The apatetic ashen hue of the red-backed salamander is limned with a red dorsal stripe, the flash of bright color an incongruous beacon for predators – or is it? That this is an aberration of sorts is manifest in the dualistic nature of the species; there is a “lead-backed” variant that lacks the stripe. Color polymorphism is the relevant biological term for the phenomenon where a single species has two or more variants; in the case of red-backed salamanders, there are about equal numbers of the red-striped morph and the so-called lead-phase morph. Numerous studies have been conducted to determine if there are any behavioral or physiological differences between the two; there are. Counterintuitively, the lead-phase morph is subject to a greater degree of predation than the more visible red-striped morph. This behavioral finding is reinforced by observations of relative mobility: the red-backed individual spends more time immobile with the tail raised in defense; whereas the un-red individual is more mobile. However, tail autotomy is more prevalent in the latter pointing to more frequent attacks. From the physiological standpoint, the lead-phase morph has a higher level of stress measured according to a hematological stress index that correlates blood cell populations to stress. This is consistent with the logical notion that higher predation results in higher stress. A syllogistic argument has been advanced to the effect that “if the more visible red-striped morph is subject to less predation than its ash-gray cohort, then the predator must be making an instinctive choice.” As red is commonly employed to indicate toxicity, the terrestrial stage of the red-spotted newt called the red eft being a case in point, it is hypothesized that the red-backed salamander employs what is called Batesian mimicry to take advantage of the verisimilitude. So why, then, are not all red-backed salamanders red-striped as survival of the fittest would mandate? That this is not the case indicates that there are other factors that select for the non-red morph. As red-backed salamanders engage in courtship rituals, sexual selection that prefers “50 shades of gray” would be a logical topic for supplemental research, however sordid.
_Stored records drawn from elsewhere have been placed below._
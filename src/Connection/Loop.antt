-- ===== src/Connection/Loop.antt =====
-- The loop of `rpc_connection::start` in include/rest_rpc/rpc_connection.hpp, pass by pass.
use rest_rpc.Base.{
  ℕ, suc, ◌≡◌, refl, ◌∙◌, ap, arith, Bool, true, false, if◌then◌else◌, List, none, some,
}
use rest_rpc.ErrorCode.{ErrorCode}
use rest_rpc.Protocol.{
  Host, RestRpcHeader, IsHeader, header_size, header_of_bytes, prepare_for_send, parse_recieved,
}
use rest_rpc.Protocol.Order.{parse_recieved-prepare_for_send}
use rest_rpc.Protocol.Wire.{prepare_for_send-IsHeader}
use rest_rpc.Router.{Text, RpcRouter}
use rest_rpc.Transport.{Transport, read, failed}
use rest_rpc.Connection.{
  again, ended, escaped, Session, set_last_time, close, start_header, start_pass, after_header,
  resume, start,
}

-- The header as it goes over the wire, with and without conversion.
abbrev pub sent_header : Host → Bool → RestRpcHeader → RestRpcHeader
sent_header host cross h = if cross then prepare_for_send host h else h

pub sent_header-IsHeader :
    (host : Host) (cross : Bool) (h : RestRpcHeader)
    → IsHeader h
    → IsHeader (sent_header host cross h)
sent_header-IsHeader host true h w = prepare_for_send-IsHeader host h w
sent_header-IsHeader host false h w = w

-- The receiver gets the sender's header back if both convert or neither does.
pub parse_sent_header :
    (host : Host) (cross : Bool) (h : RestRpcHeader)
    → IsHeader h
    → (if cross then parse_recieved host (sent_header host cross h) else sent_header host cross h)
      ≡ h
parse_sent_header host true h w = parse_recieved-prepare_for_send host h w
parse_sent_header host false h w = refl

module _ (host : Host) (t : Transport) (App : Type 0) where
  open t use {Net, now, async_read, async_write, close_socket, max_size}

  abbrev Here : Type 0
  Here = Session host t App

  pub set_last_time-eq :
      (s : Here)
      → ((set_last_time host t App s).net ≡ s.net)
        × ((set_last_time host t App s).connection.cross_ending ≡ s.connection.cross_ending)
        × ((set_last_time host t App s).connection.has_closed ≡ s.connection.has_closed)
        × ((set_last_time host t App s).connection.topic_id ≡ s.connection.topic_id)
        × ((set_last_time host t App s).quits ≡ s.quits)
        × ((set_last_time host t App s).tls ≡ s.tls)
        × ((set_last_time host t App s).app ≡ s.app)
  unfolding set_last_time
  set_last_time-eq s = ground arith

  after_header_parsed :
      (router : RpcRouter Here) (s : Here) (net1 : Net) (bytes : List ℕ) (h : RestRpcHeader)
      → header_of_bytes host.endian bytes ≡ some h
      → after_header host t App router s (net1, read bytes)
        ≡ start_header host t App router h (record s { net = net1 })
  unfolding after_header
  after_header_parsed router s net1 bytes h p = rw (p, after_header)

  -- What the header's bytes leave for the rest of a pass.
  pub header_pass :
      (router : RpcRouter Here) (s : Here) (net1 : Net) (bytes : List ℕ) (h : RestRpcHeader)
      → async_read header_size s.net ≡ (net1, read bytes)
      → header_of_bytes host.endian bytes ≡ some h
      → start_pass host t App router s
        ≡ start_header host t App router h (record (set_last_time host t App s) { net = net1 })
  unfolding start_pass
  header_pass router s net1 bytes h e p =
      let same : async_read header_size (set_last_time host t App s).net ≡ (net1, read bytes) =
        ap (async_read header_size) (set_last_time-eq s).0 ∙ e in
      ap (after_header host t App router (set_last_time host t App s)) same
      ∙ after_header_parsed router (set_last_time host t App s) net1 bytes h p

  -- The header that the code goes by, from the one that was read.
  abbrev pub converted : Here → RestRpcHeader → RestRpcHeader
  converted s h = if s.connection.cross_ending then parse_recieved host h else h

  -- A session after the read of a header, and after the read of a body.
  abbrev pub headed : Here → Net → Here
  headed s net1 = record (set_last_time host t App s) { net = net1 }

  -- An error in the read of a header ends the coroutine, with the connection closed.
  pub start_pass_no_header :
      (router : RpcRouter Here) (s : Here) (net1 : Net) (ec : ErrorCode)
      → async_read header_size s.net ≡ (net1, failed ec)
      → start_pass host t App router s ≡ (close host t App true (headed s net1), ended)
  unfolding start_pass after_header
  start_pass_no_header router s net1 ec e =
      ap (after_header host t App router (set_last_time host t App s))
        (ap (async_read header_size) (set_last_time-eq s).0 ∙ e)

  -- Bytes that are no header, of which there are none, would end it by an exception.
  pub start_pass_unreadable :
      (router : RpcRouter Here) (s : Here) (net1 : Net) (bytes : List ℕ)
      → async_read header_size s.net ≡ (net1, read bytes)
      → header_of_bytes host.endian bytes ≡ none
      → start_pass host t App router s ≡ (headed s net1, escaped)
  unfolding start_pass after_header
  start_pass_unreadable router s net1 bytes e p =
      ap (after_header host t App router (set_last_time host t App s))
        (ap (async_read header_size) (set_last_time-eq s).0 ∙ e)
      ∙ rw (p, after_header)

  abbrev pub bodied : Here → Net → Text → Here
  bodied s net2 body =
      let s' = set_last_time host t App s in
      record s' { net = net2; connection = record (s'.connection) { body = body } }

  pub converted-headed :
      (s : Here) (net1 : Net) (h : RestRpcHeader) → converted (headed s net1) h ≡ converted s h
  converted-headed s net1 h = rw (set_last_time-eq s).1

  pub converted-magic : (s : Here) (h : RestRpcHeader) → (converted s h).magic ≡ h.magic
  unfolding parse_recieved
  converted-magic s h = ground arith

  -- A pass after which the loop goes on.
  pub start_again :
      (router : RpcRouter Here) (passes : ℕ) (s s' : Here)
      → start_pass host t App router s ≡ (s', again)
      → start host t App (suc passes) router s ≡ start host t App passes router s'
  unfolding start resume
  start_again router passes s s' e = ap (resume host t App (start host t App passes router)) e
Red-backed salamanders are territorial, nurturing and, to some extent monogamous; traits that contribute to ubiquity. Territory is tantamount to survival in the competitive natural environment; home ranges under rocks and logs of about one square meter are established and marked by cloacal gland pheromones and by fecal pellets. Males defend their territory viciously, assuming the all-trunk raised (ATR) position and biting to stave off intruders; they are successful in three out of every four encounters. Females select their mates according to physical size, the extent and quality of the prey in their territory, and, in something of an anthropomorphic vein, whether they have the smell of other females. Territorial prey quality is determined by smashing the male’s fecal pellets and inspecting for insect remnants. Partner preference is observed in red-backed salamanders as both male and female benefit from the union; the male gains reproductive fitness and the female has better access to nutritive prey for egg production. The courtship ritual is a structured sequence of suggestive moves by the male to assess his acceptability; if successful the female rests her chin on his tail and, in what is known as the “tail straddle walk,” the sexual act culminates with male deposition of a spermatofore which the female subsequently picks up in her cloacal vent. About a dozen eggs are laid and protected by the female for 6 weeks until they hatch as miniature adults; there is no aquatic larval gilled phase. Efficient and effective.